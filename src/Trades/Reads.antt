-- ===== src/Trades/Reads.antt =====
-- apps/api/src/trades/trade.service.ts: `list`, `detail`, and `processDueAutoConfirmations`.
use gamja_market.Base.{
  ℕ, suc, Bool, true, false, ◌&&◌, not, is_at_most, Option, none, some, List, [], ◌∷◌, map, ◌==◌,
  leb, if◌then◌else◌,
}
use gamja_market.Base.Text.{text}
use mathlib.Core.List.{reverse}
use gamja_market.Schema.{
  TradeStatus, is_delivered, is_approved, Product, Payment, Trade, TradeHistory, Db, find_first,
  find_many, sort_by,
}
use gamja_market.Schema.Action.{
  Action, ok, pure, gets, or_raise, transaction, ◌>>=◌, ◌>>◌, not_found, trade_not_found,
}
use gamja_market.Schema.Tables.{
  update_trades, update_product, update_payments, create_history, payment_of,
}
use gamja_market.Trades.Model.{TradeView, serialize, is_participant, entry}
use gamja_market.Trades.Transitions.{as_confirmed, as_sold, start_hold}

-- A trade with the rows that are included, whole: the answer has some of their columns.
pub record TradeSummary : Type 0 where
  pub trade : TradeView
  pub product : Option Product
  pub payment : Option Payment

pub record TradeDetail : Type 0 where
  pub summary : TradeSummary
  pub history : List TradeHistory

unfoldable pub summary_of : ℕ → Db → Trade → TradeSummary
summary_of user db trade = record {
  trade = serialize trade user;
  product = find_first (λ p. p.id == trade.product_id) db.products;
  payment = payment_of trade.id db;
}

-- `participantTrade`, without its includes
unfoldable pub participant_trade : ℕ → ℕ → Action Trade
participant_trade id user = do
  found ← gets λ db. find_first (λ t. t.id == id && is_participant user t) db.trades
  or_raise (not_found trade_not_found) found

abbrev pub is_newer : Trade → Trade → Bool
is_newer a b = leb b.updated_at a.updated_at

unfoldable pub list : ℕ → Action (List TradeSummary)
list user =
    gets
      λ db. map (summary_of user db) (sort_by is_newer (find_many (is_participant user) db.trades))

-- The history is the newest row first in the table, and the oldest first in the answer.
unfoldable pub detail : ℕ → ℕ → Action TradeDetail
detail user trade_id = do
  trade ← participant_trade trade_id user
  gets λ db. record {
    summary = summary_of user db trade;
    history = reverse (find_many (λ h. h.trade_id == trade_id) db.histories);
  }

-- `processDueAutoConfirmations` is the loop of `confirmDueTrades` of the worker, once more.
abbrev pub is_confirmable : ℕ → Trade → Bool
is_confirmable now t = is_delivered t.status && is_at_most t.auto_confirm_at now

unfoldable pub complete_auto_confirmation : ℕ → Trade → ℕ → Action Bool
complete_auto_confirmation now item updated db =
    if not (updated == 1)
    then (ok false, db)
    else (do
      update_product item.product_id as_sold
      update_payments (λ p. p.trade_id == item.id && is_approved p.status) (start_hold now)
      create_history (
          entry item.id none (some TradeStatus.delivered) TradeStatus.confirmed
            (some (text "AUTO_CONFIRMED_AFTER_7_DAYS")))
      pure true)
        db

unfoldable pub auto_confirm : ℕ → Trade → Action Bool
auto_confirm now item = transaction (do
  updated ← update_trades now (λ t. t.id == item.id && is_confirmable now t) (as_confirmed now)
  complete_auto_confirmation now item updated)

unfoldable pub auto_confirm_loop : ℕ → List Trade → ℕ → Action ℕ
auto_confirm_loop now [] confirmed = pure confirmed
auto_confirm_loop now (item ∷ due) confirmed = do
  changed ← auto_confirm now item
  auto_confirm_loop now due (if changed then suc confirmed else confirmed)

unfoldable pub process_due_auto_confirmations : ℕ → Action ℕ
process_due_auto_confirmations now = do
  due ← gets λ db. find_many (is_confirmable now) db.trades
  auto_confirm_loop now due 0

::::

→ **Work order**: Line by line, restate the data exactly.

→ **Solved exercise**:
filename src/Trades/Reads.antt
-- ===== src/Trades/Reads.antt =====
-- apps/api/src/trades/trade.service.ts: `list`, `detail`, and `processDueAutoConfirmations`.
use gamja_market.Base.{
  ℕ, suc, Bool, true, false, ◌&&◌, not, is_at_most, Option, none, some, List, [], ◌∷◌, map, ◌==◌,
  leb, if◌then◌else◌,
}
use gamja_market.Base.Text.{text}
use mathlib.Core.List.{reverse}
use gamja_market.Schema.{
  TradeStatus, is_delivered, is_approved, Product, Payment, Trade, TradeHistory, Db, find_first,
  find_many, sort_by,
}
use gamja_market.Schema.Action.{
  Action, ok, pure, gets, or_raise, transaction, ◌>>=◌, ◌>>◌, not_found, trade_not_found,
}
use gamja_market.Schema.Tables.{
  update_trades, update_product, update_payments, create_history, payment_of,
}
use gamja_market.Trades.Model.{TradeView, serialize, is_participant, entry}
use gamja_market.Trades.Transitions.{as_confirmed, as_sold, start_hold}

-- A trade with the rows that are included, whole: the answer has some of their columns.
pub record TradeSummary : Type 0 where
  pub trade : TradeView
  pub product : Option Product
  pub payment : Option Payment

pub record TradeDetail : Type 0 where
  pub summary : TradeSummary
  pub history : List TradeHistory

unfoldable pub summary_of : ℕ → Db → Trade → TradeSummary
summary_of user db trade = record {
  trade = serialize trade user;
  product = find_first (λ p. p.id == trade.product_id) db.products;
  payment = payment_of trade.id db;
}

-- `participantTrade`, without its includes
unfoldable pub participant_trade : ℕ → ℕ → Action Trade
participant_trade id user = do
  found ← gets λ db. find_first (λ t. t.id == id && is_participant user t) db.trades
  or_raise (not_found trade_not_found) found

abbrev pub is_newer : Trade → Trade → Bool
is_newer a b = leb b.updated_at a.updated_at

unfoldable pub list : ℕ → Action (List TradeSummary)
list user =
    gets
      λ db. map (summary_of user db) (sort_by is_newer (find_many (is_participant user) db.trades))

-- The history is the newest row first in the table, and the oldest first in the answer.
unfoldable pub detail : ℕ → ℕ → Action TradeDetail
detail user trade_id = do
  trade ← participant_trade trade_id user
  gets λ db. record {
    summary = summary_of user db trade;
    history = reverse (find_many (λ h. h.trade_id == trade_id) db.histories);
  }

-- `processDueAutoConfirmations` is the loop of `confirmDueTrades` of the worker, once more.
abbrev pub is_confirmable : ℕ → Trade → Bool
is_confirmable now t = is_delivered t.status && is_at_most t.auto_confirm_at now

unfoldable pub complete_auto_confirmation : ℕ → Trade → ℕ → Action Bool
complete_auto_confirmation now item updated db =
    if not (updated == 1)
    then (ok false, db)
    else (do
      update_product item.product_id as_sold
      update_payments (λ p. p.trade_id == item.id && is_approved p.status) (start_hold now)
      create_history (
          entry item.id none (some TradeStatus.delivered) TradeStatus.confirmed
            (some (text "AUTO_CONFIRMED_AFTER_7_DAYS")))
      pure true)
        db

unfoldable pub auto_confirm : ℕ → Trade → Action Bool
auto_confirm now item = transaction (do
  updated ← update_trades now (λ t. t.id == item.id && is_confirmable now t) (as_confirmed now)
  complete_auto_confirmation now item updated)

unfoldable pub auto_confirm_loop : ℕ → List Trade → ℕ → Action ℕ
auto_confirm_loop now [] confirmed = pure confirmed
auto_confirm_loop now (item ∷ due) confirmed = do
  changed ← auto_confirm now item
  auto_confirm_loop now due (if changed then suc confirmed else confirmed)

unfoldable pub process_due_auto_confirmations : ℕ → Action ℕ
process_due_auto_confirmations now = do
  due ← gets λ db. find_many (is_confirmable now) db.trades
  auto_confirm_loop now due 0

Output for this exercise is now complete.